NOTE: PCA compresses the feature space so you will not be able to tell which variables explain the most variance because they have been transformed. If you'd like to preserve the original features to determine which ones explain the most variance for a given data set, see the SciKit Learn Feature Documentation.
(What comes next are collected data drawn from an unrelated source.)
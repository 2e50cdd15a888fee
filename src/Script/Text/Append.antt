-- ===== src/Script/Text/Append.antt =====
-- Blank texts and `++`.
use Prim.Native.String.{◌++◌}
use text.Mathlib.TextLemmas.{nil-append, cons-append}
use peer_hours.Prelude.{◌≡◌, refl, ◌&&◌, arith, String}
use peer_hours.Script.Text.{is_blank}

pub is_blank-append : (s t : String) → is_blank (s ++ t) ≡ (is_blank s && is_blank t)
unfolding is_blank
is_blank-append String.[] t = rw (nil-append t) refl
is_blank-append (String.◌∷◌ c s) t = rw (cons-append c s t) (ground (arith, is_blank-append s t))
Resources 1. District data labs 2. chris 3. implementation 4. More

#Imports
import matplotlib.pyplot as plt
import numpy as np
import pandas as pd
from sklearn import decomposition
from sklearn.preprocessing import scale
from sklearn.decomposition import PCA
import seaborn as sb
%matplotlib inline
/Users/ernestt/venv/lib/python2.7/site-packages/matplotlib/font_manager.py:273: UserWarning: Matplotlib is building the font cache using fc-list. This may take a moment.
  warnings.warn('Matplotlib is building the font cache using fc-list. This may take a moment.')
sb.set(font_scale=1.2,style="whitegrid") #set styling preferences

loan = pd.read_csv('loan.csv').sample(frac = .25) #read the dataset and sample 25% of it
/Users/ernestt/venv/lib/python2.7/site-packages/IPython/core/interactiveshell.py:2717: DtypeWarning: Columns (19,55) have mixed types. Specify dtype option on import or set low_memory=False.
  interactivity=interactivity, compiler=compiler, result=result)
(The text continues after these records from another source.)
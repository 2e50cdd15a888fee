-- ===== src/Settlement/Acknowledgements/Exact.antt =====
-- An acknowledgement that is admitted is the one its participant creates.
use Prim.Native.String.{◌++◌}
use peer_hours.Prelude.{String, ◌≡◌, ◌⊎◌, ◌↔◌, refl, true, false, arith, ok, text_equality}
use peer_hours.Script.Text.{is_blank}
use peer_hours.Script.Text.Append.{is_blank-append}
use peer_hours.Script.Number.{
  is_bad_amount, strictly_equal, strictly_equal_self, eq_of_strictly_equal,
}
use peer_hours.Domain.Types.{ExchangeProposal}
use peer_hours.Settlement.Acknowledgements.{
  SettlementAcknowledgement, is_open, acknowledgement_id, create_settlement_acknowledgement,
  assert_text, assert_positive_whole_minutes, assert_participant, settlement_acknowledgement_id,
  validate_settlement_acknowledgement, assert_accepted_proposal,
}

-- The acknowledgement that a member makes of a proposal.
abbrev pub exact : ExchangeProposal → String → SettlementAcknowledgement
exact p member = record {
  id = acknowledgement_id p.id member;
  community_id = p.community_id;
  source_proposal_id = p.id;
  provider_member_id = p.provider_member_id;
  recipient_member_id = p.receiver_member_id;
  minutes = p.minutes;
  acknowledged_by_member_id = member;
}

-- An accepted proposal with no blank text and a positive whole number of minutes.
pub record IsSettleable (p : ExchangeProposal) : Type 0 where
  pub accepted : is_open p ≡ false
  pub id : is_blank p.id ≡ false
  pub community_id : is_blank p.community_id ≡ false
  pub provider : is_blank p.provider_member_id ≡ false
  pub receiver : is_blank p.receiver_member_id ≡ false
  pub amount : is_bad_amount p.minutes ≡ false

abbrev pub IsParticipant : ExchangeProposal → String → Type 0
IsParticipant p member = (member ≡ p.provider_member_id) ⊎ (member ≡ p.receiver_member_id)

acknowledgement_id_present :
    (p : ExchangeProposal) (member : String)
    → IsSettleable p
    → is_blank (acknowledgement_id p.id member) ≡ false
acknowledgement_id_present p member s =
    rw (is_blank-append p.id ("/settlement-ack/" ++ member), s.id) refl

validated_facts :
    (p : ExchangeProposal) (a b : SettlementAcknowledgement)
    → validate_settlement_acknowledgement p a ≡ ok b
    → IsSettleable p
      × IsParticipant p a.acknowledged_by_member_id
      × (strictly_equal a.minutes p.minutes ≡ true)
      × (b ≡ a)
unfolding validate_settlement_acknowledgement assert_accepted_proposal assert_text
    assert_positive_whole_minutes assert_participant settlement_acknowledgement_id
validated_facts p a b h = (
  record {
    accepted = ground arith;
    id = ground arith;
    community_id = ground arith;
    provider = ground arith;
    receiver = ground arith;
    amount = ground (arith, eq_of_strictly_equal a.minutes p.minutes);
  },
  ground arith,
  ground arith,
  ground arith,
)

validated-exact :
    (p : ExchangeProposal) (a b : SettlementAcknowledgement)
    → validate_settlement_acknowledgement p a ≡ ok b
    → a.minutes ≡ p.minutes
    → a ≡ exact p a.acknowledged_by_member_id
unfolding validate_settlement_acknowledgement assert_accepted_proposal assert_text
    assert_positive_whole_minutes assert_participant settlement_acknowledgement_id
validated-exact p a b h m = ground arith

validate-exact :
    (p : ExchangeProposal) (member : String)
    → IsSettleable p
    → IsParticipant p member
    → validate_settlement_acknowledgement p (exact p member) ≡ ok (exact p member)
unfolding validate_settlement_acknowledgement assert_accepted_proposal assert_text
    assert_positive_whole_minutes assert_participant settlement_acknowledgement_id
validate-exact p member s by = ground (
  arith,
  s.accepted,
  s.id,
  s.community_id,
  s.provider,
  s.receiver,
  s.amount,
  acknowledgement_id_present p member s,
  strictly_equal_self p.minutes s.amount,
)

-- `validateSettlementAcknowledgement` admits exactly the acknowledgement that names a participant
-- of the proposal and repeats its terms, where the proposal is accepted and has no blank text and
-- a positive whole number of minutes; and returns it unchanged.
pub validate_iff :
    (p : ExchangeProposal) (a b : SettlementAcknowledgement)
    → (validate_settlement_acknowledgement p a ≡ ok b) ↔ (
        IsSettleable p
        × IsParticipant p a.acknowledged_by_member_id
        × (a ≡ exact p a.acknowledged_by_member_id)
        × (b ≡ a))
validate_iff p a b = (
  λ h.
      let (s, by, m, same) = validated_facts p a b h in
      (s, by, validated-exact p a b h (eq_of_strictly_equal a.minutes p.minutes m), same),
  λ (s, by, e, same). rw (same, e) (validate-exact p a.acknowledged_by_member_id s by),
)

-- `createSettlementAcknowledgement` returns an acknowledgement exactly for a participant of an
-- accepted proposal whose ids are not blank, and it is the exact one.
pub create_iff :
    (p : ExchangeProposal) (member : String) (a : SettlementAcknowledgement)
    → (create_settlement_acknowledgement p member ≡ ok a) ↔ (
        (is_open p ≡ false)
        × (is_blank p.id ≡ false)
        × (is_blank member ≡ false)
        × IsParticipant p member
        × (a ≡ exact p member))
unfolding create_settlement_acknowledgement assert_accepted_proposal assert_text assert_participant
    settlement_acknowledgement_id
create_iff p member a = (
  λ h. (ground arith, ground arith, ground arith, ground arith, ground arith),
  λ (o, i, n, by, e). ground arith,
)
For this example, we're going to use the Lending Club data set which can be found here.

#Data Wrangling
loan.replace([np.inf, -np.inf], np.nan) #convert infs to nans
loan = loan.dropna(axis = 1, how = 'any') #remove nans
loan = loan._get_numeric_data() #keep only numeric features

Step 1: Standardize the Dataset

x = loan.values #convert the data into a numpy array
x = scale(x);x
array([[ 1.17990021,  1.17491004, -0.61220612, ..., -0.07607754,
        -0.38999916,  0.        ],
       [ 1.57614469,  1.58965176,  0.14553604, ..., -0.07607754,
        -0.45317429,  0.        ],
       [ 0.50760835,  0.50047945,  0.40304998, ..., -0.07607754,
        -0.35598935,  0.        ],
       ...,
       [ 1.16244466,  1.15544092,  0.85591931, ..., -0.07607754,
        -0.34906088,  0.        ],
       [-1.13519249, -1.11536499, -0.6299657 , ..., -0.07607754,
         0.6887011 ,  0.        ],
       [ 1.35264446,  1.35535277,  0.26393325, ..., -0.07607754,
         3.15726473,  0.        ]])

Step 2: Create a Covariance Matrix

covar_matrix = PCA(n_components = 20) #we have 20 features

Step 3: Calculate Eigenvalues

covar_matrix.fit(x)
variance = covar_matrix.explained_variance_ratio_ #calculate variance ratios

var=np.cumsum(np.round(covar_matrix.explained_variance_ratio_, decimals=3)*100)
var #cumulative sum of variance explained with [n] features
array([  33. ,   58.9,   68.8,   75.8,   81.6,   86.7,   91.8,   95.3,
         97.2,   98.4,   99.4,   99.8,  100.1,  100.1,  100.1,  100.1,
        100.1,  100.1,  100.1,  100.1])

In the above array we see that the first feature explains roughly 33% of the variance within our data set while the first two explain 58.9 and so on. If we employ 10 features we capture 98.4% of the variance within the dataset, thus we gain very little by implementing an additional feature (think of this as diminishing marginal return on total variance explained).

Step 4, 5 & 6: Sort & Select

plt.ylabel('% Variance Explained')
plt.xlabel('# of Features')
plt.title('PCA Analysis')
plt.ylim(30,100.5)
plt.style.context('seaborn-whitegrid')


plt.plot(var)
[<matplotlib.lines.Line2D at 0x11666a910>]

pca1

Based on the plot above it's clear we should pick 10 features.